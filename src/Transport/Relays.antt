-- ===== src/Transport/Relays.antt =====
-- `ICEConfig` of internal/transport/ice.go.
use dc_streaming_p2p.Base.{
  ℕ, Bool, Option, List, Text, if◌then◌else◌, ◌⊎◌, inl, inr, some, ◌≡◌, refl, &&-true_right,
  not-true, not,
}
use dc_streaming_p2p.Base.Strings.{is_empty}
use dc_streaming_p2p.Auth.Clients
use dc_streaming_p2p.Auth.Clients.{ClientConfig, ClientStore, authenticate, all_allowed}
use dc_streaming_p2p.Auth.Clients.Lookup.{authenticate_sound}
use dc_streaming_p2p.Ice
use dc_streaming_p2p.Ice.{Server, Provider, Options, config_for, new_provider}
use dc_streaming_p2p.Ice.Relay.{Serves, config_for-Serves}
use dc_streaming_p2p.Transport.Http
use dc_streaming_p2p.Transport.Http.{Response, refused, token_refused, answered}

-- `iceResponse`
pub record IceResponse : Type 0 where
  pub ice_servers : List Server
  pub expires_at : Option ℕ
  pub relay_available : Bool

abbrev pub ice_response : Ice.Config → IceResponse
ice_response c = record {
  ice_servers = c.servers;
  expires_at = c.expires_at;
  relay_available = c.relay_available;
}

abbrev pub answer_config : Ice.Error ⊎ Ice.Config → Response IceResponse
answer_config (inl e) = refused 500 Http.invalid_request
answer_config (inr c) = answered 200 (ice_response c)

-- `ICEConfig`, of the peer that the token names.
unfoldable pub ice_handler : (Text → Text → Text) → Provider → Text → ℕ → Response IceResponse
ice_handler sign provider peer now =
    if is_empty peer
    then token_refused 401 Http.invalid_token
    else answer_config (config_for sign provider peer now)

-- Every peer that a credential authenticates as is answered, from a provider that `NewProvider` accepts:
-- with all the STUN servers, with the relays exactly where the provider has any, and then with a
-- credential that expires one lifetime later, that the relay reads as that peer's, and that is signed
-- under the shared secret.
pub ice_handler-Serves :
    {H : Type 0} (sum256 : Text → H) (digest_dec : Discrete H) (configs : List ClientConfig)
    (clients : ClientStore H) (id secret peer : Text) (sign : Text → Text → Text) (opts : Options)
    (p : Provider) (now : ℕ)
    → Clients.new sum256 configs ≡ inr clients
    → authenticate sum256 digest_dec id secret clients ≡ some peer
    → new_provider opts ≡ inr p
    → (c : Ice.Config) × (ice_handler sign p peer now ≡ answered 200 (ice_response c))
      × Serves sign p peer now p.turn c
unfolding ice_handler
ice_handler-Serves sum256 digest_dec configs clients id secret peer sign opts p now e f g =
    let valid = (authenticate_sound sum256 digest_dec configs clients id secret peer e f).1 in
    let named = not-true _ (&&-true_right (all_allowed peer) (not (is_empty peer)) valid) in
    let (c, found, served) =
      config_for-Serves sum256 digest_dec configs clients id secret peer sign opts p now e f g in
    (c, rw (named, found) refl, served)
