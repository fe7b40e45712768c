-- ===== src/Expansion/Traces.antt =====
-- A whole trace of the meter.
use elamite.Base.{
  ℕ, ◌+◌, ◌^◌, ◌<◌, ◌≡◌, refl, ap, ◌∙◌, ◌⊎◌, inl, inr, List, [], ◌∷◌, ◌++◌, Option, none, some,
  arith, subst,
}
use elamite.Expansion.Meter.{
  ExpansionLimits, ResourceLimitKind, ExecutionResources, ChargeResult, charged, refused,
  new_resources,
}
use elamite.Expansion.Limits.{
  MeterEvent, charge, allocate, release, event_step, run_events, cons_result, granted_steps,
  granted_bytes, released_bytes, first_refusal, IsWithin, AreJust, Metered, event_step-Answers,
}

-- A release of more bytes than are held after the events before it.
abbrev pub Overdraws : ExecutionResources → List MeterEvent → Type 0
Overdraws m events =
    (before rest : List MeterEvent) × (n : ℕ) × (results : List ChargeResult)
    × (held : ExecutionResources) × (events ≡ before ++ release n ∷ rest)
    × (run_events before m ≡ some (results, held))
    × (held.usage.live_value_bytes < n)

-- The trace is answered, or it overdraws and panics.
abbrev pub Traces : ExecutionResources → ExecutionResources → List MeterEvent → Type 0
Traces start m events =
    ((results : List ChargeResult) × (after : ExecutionResources) × (run_events events m
        ≡ some (results, after))
      × Metered start m events results after)
    ⊎ (run_events events m ≡ none) × Overdraws m events

more_refusals :
    (r : ChargeResult) (results : List ChargeResult) (o : Option ResourceLimitKind)
    → first_refusal (first_refusal o (r ∷ [])) results ≡ first_refusal o (r ∷ results)
unfolding first_refusal
more_refusals charged results o = refl
more_refusals (refused limit) results o = refl

module _ (start m mid after : ExecutionResources) where
  abbrev Totals : MeterEvent → ChargeResult → List MeterEvent → List ChargeResult → Type 0
  Totals e r events results =
      (granted_steps (e ∷ events) (r ∷ results)
        ≡ granted_steps (e ∷ []) (r ∷ []) + granted_steps events results)
      × (granted_bytes (e ∷ events) (r ∷ results)
          ≡ granted_bytes (e ∷ []) (r ∷ []) + granted_bytes events results)
      × (released_bytes (e ∷ events) ≡ released_bytes (e ∷ []) + released_bytes events)

  totals :
      (e : MeterEvent) (r : ChargeResult) (events : List MeterEvent) (results : List ChargeResult)
      → Totals e r events results
  unfolding granted_steps granted_bytes released_bytes
  totals (charge n) charged events results = (omega arith, omega arith, omega arith)
  totals (charge n) (refused l) events results = (omega arith, omega arith, omega arith)
  totals (allocate n) charged events results = (omega arith, omega arith, omega arith)
  totals (allocate n) (refused l) events results = (omega arith, omega arith, omega arith)
  totals (release n) charged events results = (omega arith, omega arith, omega arith)
  totals (release n) (refused l) events results = (omega arith, omega arith, omega arith)

  same_totals :
      (s s' l l' : ℕ) (events : List MeterEvent) (results : List ChargeResult)
      → s ≡ s'
      → l ≡ l'
      → AreJust start s l events results
      → AreJust start s' l' events results
  same_totals s s' l l' events results e f j =
      subst (λ z. AreJust start z l' events results) e
        (subst (λ z. AreJust start s z events results) f j)

  more_just :
      (e : MeterEvent) (r : ChargeResult) (events : List MeterEvent) (results : List ChargeResult)
      → Metered start m (e ∷ []) (r ∷ []) mid
      → AreJust start mid.usage.interpreter_steps mid.usage.live_value_bytes events results
      → AreJust start m.usage.interpreter_steps m.usage.live_value_bytes (e ∷ events) (r ∷ results)
  unfolding granted_steps granted_bytes released_bytes
  more_just (charge n) charged events results one j =
      same_totals _ _ _ _ events results (omega (arith, one.steps_are)) (omega (arith, one.live_is))
        j
  more_just (charge n) (refused l) events results one j = (
    one.just.0,
    same_totals _ _ _ _ events results (omega (arith, one.steps_are)) (omega (arith, one.live_is))
        j,
  )
  more_just (allocate n) charged events results one j =
      same_totals _ _ _ _ events results (omega (arith, one.steps_are)) (omega (arith, one.live_is))
        j
  more_just (allocate n) (refused l) events results one j = (
    one.just.0,
    same_totals _ _ _ _ events results (omega (arith, one.steps_are)) (omega (arith, one.live_is))
        j,
  )
  more_just (release n) charged events results one j =
      same_totals _ _ _ _ events results (omega (arith, one.steps_are)) (omega (arith, one.live_is))
        j
  more_just (release n) (refused x) events results one j =
      same_totals _ _ _ _ events results (omega (arith, one.steps_are)) (omega (arith, one.live_is))
        j

  combine :
      (e : MeterEvent) (r : ChargeResult) (events : List MeterEvent) (results : List ChargeResult)
      → Metered start m (e ∷ []) (r ∷ []) mid
      → Metered start mid events results after
      → Metered start m (e ∷ events) (r ∷ results) after
  combine e r events results one rest =
      let (steps, bytes, back) = totals e r events results in
      record {
        within = rest.within;
        steps_are = omega (arith, steps, one.steps_are, rest.steps_are);
        live_is = omega (arith, bytes, back, one.live_is, rest.live_is);
        refusal_is =
            rest.refusal_is
            ∙ (ap (λ o. first_refusal o results) one.refusal_is
                ∙ more_refusals r results m.exhausted);
        just = more_just e r events results one rest.just;
      }

held-Metered : (start m : ExecutionResources) → IsWithin start m → Metered start m [] [] m
unfolding granted_steps granted_bytes released_bytes first_refusal
held-Metered start m w = record {
  within = w;
  steps_are = omega arith;
  live_is = omega arith;
  refusal_is = refl;
  just = tt;
}

module _ (start : ExecutionResources)
    (u64 : (start.step_limit < 2 ^ 64) × (start.live_value_limit < 2 ^ 64)) where
  later :
      (m mid : ExecutionResources) (e : MeterEvent) (r : ChargeResult) (events : List MeterEvent)
      → event_step e m ≡ some (r, mid)
      → Metered start m (e ∷ []) (r ∷ []) mid
      → Traces start mid events
      → Traces start m (e ∷ events)
  unfolding run_events cons_result
  later m mid e r events h one (inl (results, after, h', rest)) = inl (
    r ∷ results,
    after,
    rw (h, h', run_events) refl,
    combine start m mid after e r events results one rest,
  )
  later m mid e r events h one (inr (h', (before, rest, n, results, held, split, run, less))) =
      inr (
        rw (h, h', run_events) refl,
        (
          e ∷ before,
          rest,
          n,
          r ∷ results,
          held,
          ap (λ z. e ∷ z) split,
          rw (h, run, run_events) refl,
          less,
        ),
      )

  trace-Traces :
      (events : List MeterEvent) (m : ExecutionResources) → IsWithin start m → Traces start m events
  unfolding run_events
  trace-Traces [] m w = inl ([], m, refl, held-Metered start m w)
  trace-Traces (e ∷ events) m w = elim (event_step-Answers start m w u64 e) [
    | inl (r, mid, h, one) ↦ later m mid e r events h one (trace-Traces events mid one.within)
    | inr (n, is, h, less) ↦
        inr (rw (h, run_events) refl, ([], events, n, [], m, ap (λ z. z ∷ events) is, refl, less))
  ]

fresh-IsWithin : (limits : ExpansionLimits) → IsWithin (new_resources limits) (new_resources limits)
unfolding new_resources
fresh-IsWithin limits = record {
  step_limit = refl;
  live_limit = refl;
  steps = omega arith;
  live = omega arith;
  peak = omega arith;
}

-- With 64-bit limits, a new meter answers every sequence of charges, allocations and releases in
-- which no release exceeds what is held, and panics on the others. Its steps are those it granted, its
-- live bytes those granted and not released, both and the peak within the limits; it refuses only what
-- exceeds a limit; and its exhaustion is the first refusal.
pub run_events_lem :
    (limits : ExpansionLimits)
    → limits.interpreter_steps < 2 ^ 64
    → limits.live_value_bytes < 2 ^ 64
    → (events : List MeterEvent) → Traces (new_resources limits) (new_resources limits) events
unfolding new_resources
run_events_lem limits a b events =
    trace-Traces (new_resources limits) (a, b) events (new_resources limits) (fresh-IsWithin limits)
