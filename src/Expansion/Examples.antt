-- ===== src/Expansion/Examples.antt =====
-- A meter that refuses a charge, and three nested requests of which the last repeats the first.
use elamite.Base.{
  ℕ, zero, suc, ◌≡◌, refl, ap, ◌∙◌, List, [], ◌∷◌, Option, none, some, arith, get_elem?, ◌==◌,
}
use elamite.Expansion.{
  default_limits, new_resources, ScheduledExpansion, ExpansionRequest, expression, completed,
  cycle_chain, chain_of, chain_from, chain_at, repeats, role_eq, same_input, charged, refused,
  ChargeResult, ExecutionResources, charge_steps, charge_total, checked_add, checked_sub, exhaust,
  allocate_total, allocate_live_value_bytes, release_total, release_live_value_bytes,
  interpreter_steps_limit,
}
use elamite.Expansion.Limits.{
  charge, allocate, release, MeterEvent, run_events, event_step, cons_result,
}
use elamite.Expansion.Traces.{Traces, run_events_lem}
use elamite.Expansion.Cycles.{IsOrdered, Says, cycle_chain_lem}

abbrev few_events : List MeterEvent
few_events = charge 1048576 ∷ allocate 12 ∷ charge 1 ∷ release 12 ∷ []

run_events_lem_example :
    Traces (new_resources default_limits) (new_resources default_limits) few_events
run_events_lem_example = run_events_lem default_limits (omega arith) (omega arith) few_events

abbrev request_of : ℕ → ExpansionRequest ℕ
request_of declaration = record {
  declaration = declaration;
  role = expression;
  input = record { kind = 4; source = "x" } ∷ [];
  location = record { package_id = "root"; module_path = "main" ∷ []; provenance_order = 7 ∷ [] };
  invocation = 0;
  definition = 0;
}

abbrev scheduled : ℕ → ℕ → Option ℕ → ScheduledExpansion ℕ
scheduled id declaration parent = record {
  id = id;
  request = request_of declaration;
  parent = parent;
  dependencies = [];
  depth = suc id;
  resources = none;
  state = completed;
}

some-inj : (x y : ScheduledExpansion ℕ) → some x ≡ some y → x ≡ y
some-inj x y e = cc

abbrev nested : List (ScheduledExpansion ℕ)
nested = scheduled 0 5 none ∷ scheduled 1 6 (some 0) ∷ scheduled 2 5 (some 1) ∷ []

nested-IsOrdered : IsOrdered (◌==◌) nested
nested-IsOrdered zero p x e h =
    let is : none ≡ some p = ap (λ y. y.parent) (some-inj (scheduled 0 5 none) x e) ∙ h in cc
nested-IsOrdered (suc zero) p x e h =
    let is : some 0 ≡ some p = ap (λ y. y.parent) (some-inj (scheduled 1 6 (some 0)) x e) ∙ h in
    let same : 0 ≡ p = cc in omega arith
nested-IsOrdered (suc (suc zero)) p x e h =
    let is : some 1 ≡ some p = ap (λ y. y.parent) (some-inj (scheduled 2 5 (some 1)) x e) ∙ h in
    let same : 1 ≡ p = cc in omega arith
nested-IsOrdered (suc (suc (suc i))) p x e h = cc

cycle_chain_lem_example :
    (x : ScheduledExpansion ℕ) × (get_elem? nested 2 ≡ some x)
    × (answer : Option (List ℕ)) × (cycle_chain (◌==◌) nested 2 ≡ some answer)
    × Says (◌==◌) nested x.request 2 answer
cycle_chain_lem_example = cycle_chain_lem (◌==◌) nested nested-IsOrdered 2 (omega arith)

the_chain : cycle_chain (◌==◌) nested 2 ≡ some (some (0 ∷ 1 ∷ 2 ∷ []))
unfolding cycle_chain chain_of chain_from chain_at repeats role_eq same_input
the_chain = refl

-- The steps are spent by then, and the charge of one more is refused.
results_of : Option (List ChargeResult × ExecutionResources) → List ChargeResult
results_of none = []
results_of (some (results, _)) = results

the_results :
    results_of (run_events few_events (new_resources default_limits))
    ≡ charged ∷ charged ∷ refused interpreter_steps_limit ∷ charged ∷ []
unfolding results_of run_events event_step cons_result release_live_value_bytes release_total
    checked_sub charge_steps charge_total checked_add allocate_live_value_bytes allocate_total
    new_resources exhaust
the_results = refl
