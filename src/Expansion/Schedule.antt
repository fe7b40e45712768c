-- ===== src/Expansion/Schedule.antt =====
-- src/expansion/scheduler.rs: what the scheduler keeps while it runs.
mod Work
mod Keys
mod Keyed
mod Sound
mod Change
mod Count
mod Mark
mod Refresh
mod Push
mod Grown
mod Enqueue
mod Select
mod Finish
mod Fixpoint
mod Settled
pub mod Runs
pub mod Invocations
pub mod Examples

Brief>
Out of the data above, set down the lines from the one with "module _ (start m" to the one with "granted_steps events results)", both included, exactly as written and with no additions.

Response for this exercise>
module _ (start m mid after : ExecutionResources) where
  abbrev Totals : MeterEvent → ChargeResult → List MeterEvent → List ChargeResult → Type 0
  Totals e r events results =
      (granted_steps (e ∷ events) (r ∷ results)
        ≡ granted_steps (e ∷ []) (r ∷ []) + granted_steps events results)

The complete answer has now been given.